◆ **WORK TO BE COMPLETED**
Lines from the line with "no_entry : (x" to the line with "Chain-Walk (record (with_version" in the entries below, and only those, must be output exactly, with both ends included.

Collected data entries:
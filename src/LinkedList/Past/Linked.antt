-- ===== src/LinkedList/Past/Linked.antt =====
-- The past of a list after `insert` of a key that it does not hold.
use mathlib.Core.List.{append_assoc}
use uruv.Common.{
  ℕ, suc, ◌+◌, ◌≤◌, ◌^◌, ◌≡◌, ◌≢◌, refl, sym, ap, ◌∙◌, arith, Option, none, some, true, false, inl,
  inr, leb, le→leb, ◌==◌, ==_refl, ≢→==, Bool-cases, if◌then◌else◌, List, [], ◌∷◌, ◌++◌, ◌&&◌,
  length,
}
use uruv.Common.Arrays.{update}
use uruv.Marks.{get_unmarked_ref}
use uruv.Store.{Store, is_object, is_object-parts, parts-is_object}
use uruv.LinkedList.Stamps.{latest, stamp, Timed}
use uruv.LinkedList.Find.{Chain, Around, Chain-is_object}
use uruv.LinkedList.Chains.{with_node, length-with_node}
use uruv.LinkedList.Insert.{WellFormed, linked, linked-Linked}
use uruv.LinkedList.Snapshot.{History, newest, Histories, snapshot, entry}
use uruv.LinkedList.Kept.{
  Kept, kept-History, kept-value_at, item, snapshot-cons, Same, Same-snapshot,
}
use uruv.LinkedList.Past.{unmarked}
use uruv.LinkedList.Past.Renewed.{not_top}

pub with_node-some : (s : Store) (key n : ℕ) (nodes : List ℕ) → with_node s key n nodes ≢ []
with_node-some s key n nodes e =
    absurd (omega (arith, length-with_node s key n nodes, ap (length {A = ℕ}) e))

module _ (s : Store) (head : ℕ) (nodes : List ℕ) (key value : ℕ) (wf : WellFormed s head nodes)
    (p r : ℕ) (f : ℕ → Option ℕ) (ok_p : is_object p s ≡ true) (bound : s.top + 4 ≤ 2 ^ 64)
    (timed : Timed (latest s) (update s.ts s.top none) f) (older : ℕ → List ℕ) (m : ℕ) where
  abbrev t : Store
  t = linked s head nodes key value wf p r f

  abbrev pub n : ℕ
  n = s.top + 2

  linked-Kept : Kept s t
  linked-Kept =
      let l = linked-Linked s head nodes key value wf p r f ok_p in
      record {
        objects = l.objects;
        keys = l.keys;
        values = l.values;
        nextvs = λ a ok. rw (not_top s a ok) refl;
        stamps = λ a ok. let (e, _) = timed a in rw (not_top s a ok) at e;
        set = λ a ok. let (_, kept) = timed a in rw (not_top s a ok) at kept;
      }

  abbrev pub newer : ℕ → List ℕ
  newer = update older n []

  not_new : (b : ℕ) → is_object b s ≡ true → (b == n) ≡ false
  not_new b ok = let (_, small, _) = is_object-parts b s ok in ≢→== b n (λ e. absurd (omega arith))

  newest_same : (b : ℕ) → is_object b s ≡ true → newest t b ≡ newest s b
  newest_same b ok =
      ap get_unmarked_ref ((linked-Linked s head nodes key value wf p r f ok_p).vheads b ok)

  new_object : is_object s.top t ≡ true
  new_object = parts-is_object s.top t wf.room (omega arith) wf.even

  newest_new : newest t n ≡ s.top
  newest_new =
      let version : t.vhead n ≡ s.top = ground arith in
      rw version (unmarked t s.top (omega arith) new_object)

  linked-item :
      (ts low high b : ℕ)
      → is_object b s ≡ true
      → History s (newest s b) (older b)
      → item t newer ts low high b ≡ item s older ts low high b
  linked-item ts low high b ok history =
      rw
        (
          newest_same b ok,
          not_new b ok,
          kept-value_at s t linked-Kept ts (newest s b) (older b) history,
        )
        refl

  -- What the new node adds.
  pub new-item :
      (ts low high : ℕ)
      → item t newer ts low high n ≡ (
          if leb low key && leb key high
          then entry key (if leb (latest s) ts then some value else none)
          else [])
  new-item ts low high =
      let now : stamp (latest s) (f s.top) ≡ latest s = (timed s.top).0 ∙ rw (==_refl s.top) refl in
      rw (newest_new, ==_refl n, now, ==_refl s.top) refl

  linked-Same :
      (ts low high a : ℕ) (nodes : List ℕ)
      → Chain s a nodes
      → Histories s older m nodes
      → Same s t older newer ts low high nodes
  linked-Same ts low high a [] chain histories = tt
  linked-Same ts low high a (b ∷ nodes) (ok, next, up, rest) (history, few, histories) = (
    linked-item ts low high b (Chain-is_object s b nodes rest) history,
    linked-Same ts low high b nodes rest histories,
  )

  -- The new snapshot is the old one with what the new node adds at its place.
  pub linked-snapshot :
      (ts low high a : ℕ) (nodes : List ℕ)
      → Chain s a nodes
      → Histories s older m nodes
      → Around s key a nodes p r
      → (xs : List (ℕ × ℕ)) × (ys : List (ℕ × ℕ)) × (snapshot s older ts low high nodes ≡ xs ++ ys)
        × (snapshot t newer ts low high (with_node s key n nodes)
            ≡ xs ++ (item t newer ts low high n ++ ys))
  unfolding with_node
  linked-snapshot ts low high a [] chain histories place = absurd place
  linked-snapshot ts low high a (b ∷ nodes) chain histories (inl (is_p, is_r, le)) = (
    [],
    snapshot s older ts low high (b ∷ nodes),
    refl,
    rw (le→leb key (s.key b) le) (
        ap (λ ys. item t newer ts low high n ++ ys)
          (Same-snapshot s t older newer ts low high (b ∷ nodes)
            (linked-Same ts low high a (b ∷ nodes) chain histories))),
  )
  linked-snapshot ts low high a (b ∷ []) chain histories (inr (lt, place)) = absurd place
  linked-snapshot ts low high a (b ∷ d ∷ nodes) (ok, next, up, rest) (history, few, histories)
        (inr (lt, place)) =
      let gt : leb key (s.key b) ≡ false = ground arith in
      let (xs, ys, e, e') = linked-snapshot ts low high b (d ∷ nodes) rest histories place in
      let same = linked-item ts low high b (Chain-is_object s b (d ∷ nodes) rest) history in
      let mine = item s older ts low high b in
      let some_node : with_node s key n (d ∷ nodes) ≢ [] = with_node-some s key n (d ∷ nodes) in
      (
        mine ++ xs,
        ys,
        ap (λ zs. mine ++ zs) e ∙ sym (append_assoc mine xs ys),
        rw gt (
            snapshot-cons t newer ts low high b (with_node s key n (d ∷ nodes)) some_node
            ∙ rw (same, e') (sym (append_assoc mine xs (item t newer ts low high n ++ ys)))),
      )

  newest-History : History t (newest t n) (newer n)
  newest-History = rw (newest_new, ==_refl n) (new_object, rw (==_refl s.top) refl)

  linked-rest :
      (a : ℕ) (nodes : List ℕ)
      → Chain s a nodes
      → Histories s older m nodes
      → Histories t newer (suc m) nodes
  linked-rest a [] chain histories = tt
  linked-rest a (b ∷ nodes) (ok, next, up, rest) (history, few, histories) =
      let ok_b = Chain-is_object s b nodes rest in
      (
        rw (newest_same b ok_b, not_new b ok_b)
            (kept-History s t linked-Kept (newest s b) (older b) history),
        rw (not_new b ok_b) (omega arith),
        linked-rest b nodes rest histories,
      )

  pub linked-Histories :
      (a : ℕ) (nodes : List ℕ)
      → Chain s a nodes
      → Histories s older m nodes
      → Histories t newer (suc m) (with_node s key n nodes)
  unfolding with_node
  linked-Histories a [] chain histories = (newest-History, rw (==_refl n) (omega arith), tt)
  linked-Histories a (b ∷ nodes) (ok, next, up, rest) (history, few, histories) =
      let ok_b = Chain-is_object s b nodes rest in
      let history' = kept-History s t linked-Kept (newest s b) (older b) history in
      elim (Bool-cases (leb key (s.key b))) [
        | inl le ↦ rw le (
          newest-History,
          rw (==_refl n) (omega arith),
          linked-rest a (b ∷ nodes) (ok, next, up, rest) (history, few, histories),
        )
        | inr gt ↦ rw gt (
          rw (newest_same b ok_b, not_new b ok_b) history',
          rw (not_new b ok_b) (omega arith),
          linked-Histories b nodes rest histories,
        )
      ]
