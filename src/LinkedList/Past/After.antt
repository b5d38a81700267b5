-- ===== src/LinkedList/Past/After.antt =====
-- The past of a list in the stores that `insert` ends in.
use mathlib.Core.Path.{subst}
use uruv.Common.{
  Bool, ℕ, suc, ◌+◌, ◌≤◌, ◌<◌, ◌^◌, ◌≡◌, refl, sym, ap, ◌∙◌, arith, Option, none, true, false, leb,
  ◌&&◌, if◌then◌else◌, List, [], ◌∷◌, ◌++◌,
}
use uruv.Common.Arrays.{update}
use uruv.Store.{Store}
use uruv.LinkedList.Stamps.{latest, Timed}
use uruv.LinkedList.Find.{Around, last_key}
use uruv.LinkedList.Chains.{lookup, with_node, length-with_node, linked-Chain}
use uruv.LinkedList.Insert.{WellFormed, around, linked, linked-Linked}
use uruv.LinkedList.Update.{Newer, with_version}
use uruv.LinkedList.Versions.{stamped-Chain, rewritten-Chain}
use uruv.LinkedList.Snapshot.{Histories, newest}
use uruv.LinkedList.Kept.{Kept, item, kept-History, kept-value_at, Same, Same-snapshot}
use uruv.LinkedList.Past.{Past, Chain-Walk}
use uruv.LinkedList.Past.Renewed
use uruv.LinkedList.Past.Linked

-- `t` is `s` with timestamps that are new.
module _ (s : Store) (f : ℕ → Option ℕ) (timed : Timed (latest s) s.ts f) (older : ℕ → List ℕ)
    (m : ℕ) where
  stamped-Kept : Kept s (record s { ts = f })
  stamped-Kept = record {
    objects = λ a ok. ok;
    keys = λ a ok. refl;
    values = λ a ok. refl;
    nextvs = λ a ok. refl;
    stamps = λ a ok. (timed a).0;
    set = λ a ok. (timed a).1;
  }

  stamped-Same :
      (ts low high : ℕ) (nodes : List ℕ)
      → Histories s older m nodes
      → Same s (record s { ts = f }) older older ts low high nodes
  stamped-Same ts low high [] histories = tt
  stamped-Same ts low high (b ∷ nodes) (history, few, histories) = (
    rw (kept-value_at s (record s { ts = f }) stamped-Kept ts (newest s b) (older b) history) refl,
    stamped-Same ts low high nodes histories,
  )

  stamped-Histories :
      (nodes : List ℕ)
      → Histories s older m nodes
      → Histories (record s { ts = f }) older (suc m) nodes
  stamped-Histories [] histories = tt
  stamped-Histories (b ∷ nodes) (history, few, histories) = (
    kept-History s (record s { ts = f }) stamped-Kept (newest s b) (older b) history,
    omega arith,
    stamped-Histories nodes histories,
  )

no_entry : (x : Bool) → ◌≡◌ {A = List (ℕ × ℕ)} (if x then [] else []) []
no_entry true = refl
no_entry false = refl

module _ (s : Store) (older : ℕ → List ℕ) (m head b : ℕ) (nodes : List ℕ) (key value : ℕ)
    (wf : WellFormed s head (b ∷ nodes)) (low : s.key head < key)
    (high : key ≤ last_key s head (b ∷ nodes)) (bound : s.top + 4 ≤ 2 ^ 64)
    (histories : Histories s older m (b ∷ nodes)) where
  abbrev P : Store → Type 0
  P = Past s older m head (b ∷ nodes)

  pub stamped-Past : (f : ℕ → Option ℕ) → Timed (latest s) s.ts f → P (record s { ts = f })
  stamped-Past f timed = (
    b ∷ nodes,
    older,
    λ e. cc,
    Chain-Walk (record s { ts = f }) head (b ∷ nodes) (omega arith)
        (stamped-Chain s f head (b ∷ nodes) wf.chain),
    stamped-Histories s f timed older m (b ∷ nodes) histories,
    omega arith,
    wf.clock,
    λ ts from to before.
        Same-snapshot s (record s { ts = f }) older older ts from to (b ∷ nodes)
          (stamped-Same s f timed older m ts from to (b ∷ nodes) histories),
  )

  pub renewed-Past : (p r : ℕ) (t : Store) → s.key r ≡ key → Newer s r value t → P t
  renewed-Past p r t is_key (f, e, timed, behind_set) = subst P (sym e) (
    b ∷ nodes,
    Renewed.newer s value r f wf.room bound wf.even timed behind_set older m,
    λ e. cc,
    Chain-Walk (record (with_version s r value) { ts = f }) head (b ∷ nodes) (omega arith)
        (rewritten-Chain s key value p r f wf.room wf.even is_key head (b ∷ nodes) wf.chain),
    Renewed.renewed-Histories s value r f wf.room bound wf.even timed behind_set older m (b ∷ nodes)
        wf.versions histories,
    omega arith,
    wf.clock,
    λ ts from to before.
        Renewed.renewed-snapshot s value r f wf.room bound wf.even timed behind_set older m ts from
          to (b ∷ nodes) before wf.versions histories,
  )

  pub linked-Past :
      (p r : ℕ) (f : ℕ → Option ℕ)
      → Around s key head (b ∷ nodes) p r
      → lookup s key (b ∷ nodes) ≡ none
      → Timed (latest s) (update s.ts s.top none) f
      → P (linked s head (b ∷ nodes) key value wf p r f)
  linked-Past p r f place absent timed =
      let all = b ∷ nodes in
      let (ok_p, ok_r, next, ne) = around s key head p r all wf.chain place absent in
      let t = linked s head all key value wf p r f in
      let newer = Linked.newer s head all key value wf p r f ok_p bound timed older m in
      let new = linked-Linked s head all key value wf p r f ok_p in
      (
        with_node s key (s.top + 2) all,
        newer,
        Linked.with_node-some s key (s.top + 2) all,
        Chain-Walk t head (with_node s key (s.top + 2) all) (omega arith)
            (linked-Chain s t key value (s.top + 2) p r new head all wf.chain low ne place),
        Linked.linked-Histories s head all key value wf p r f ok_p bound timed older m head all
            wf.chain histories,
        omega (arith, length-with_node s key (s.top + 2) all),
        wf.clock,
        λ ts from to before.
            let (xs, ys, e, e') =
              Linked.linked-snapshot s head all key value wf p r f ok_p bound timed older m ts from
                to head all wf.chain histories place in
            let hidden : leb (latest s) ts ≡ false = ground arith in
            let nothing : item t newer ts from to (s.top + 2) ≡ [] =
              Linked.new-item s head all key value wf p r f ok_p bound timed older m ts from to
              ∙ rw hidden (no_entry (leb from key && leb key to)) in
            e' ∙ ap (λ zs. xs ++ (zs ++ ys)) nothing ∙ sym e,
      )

◆ **YOUR SOLUTION**
no_entry : (x : Bool) → ◌≡◌ {A = List (ℕ × ℕ)} (if x then [] else []) []
no_entry true = refl
no_entry false = refl

module _ (s : Store) (older : ℕ → List ℕ) (m head b : ℕ) (nodes : List ℕ) (key value : ℕ)
    (wf : WellFormed s head (b ∷ nodes)) (low : s.key head < key)
    (high : key ≤ last_key s head (b ∷ nodes)) (bound : s.top + 4 ≤ 2 ^ 64)
    (histories : Histories s older m (b ∷ nodes)) where
  abbrev P : Store → Type 0
  P = Past s older m head (b ∷ nodes)

  pub stamped-Past : (f : ℕ → Option ℕ) → Timed (latest s) s.ts f → P (record s { ts = f })
  stamped-Past f timed = (
    b ∷ nodes,
    older,
    λ e. cc,
    Chain-Walk (record s { ts = f }) head (b ∷ nodes) (omega arith)
        (stamped-Chain s f head (b ∷ nodes) wf.chain),
    stamped-Histories s f timed older m (b ∷ nodes) histories,
    omega arith,
    wf.clock,
    λ ts from to before.
        Same-snapshot s (record s { ts = f }) older older ts from to (b ∷ nodes)
          (stamped-Same s f timed older m ts from to (b ∷ nodes) histories),
  )

  pub renewed-Past : (p r : ℕ) (t : Store) → s.key r ≡ key → Newer s r value t → P t
  renewed-Past p r t is_key (f, e, timed, behind_set) = subst P (sym e) (
    b ∷ nodes,
    Renewed.newer s value r f wf.room bound wf.even timed behind_set older m,
    λ e. cc,
    Chain-Walk (record (with_version s r value) { ts = f }) head (b ∷ nodes) (omega arith)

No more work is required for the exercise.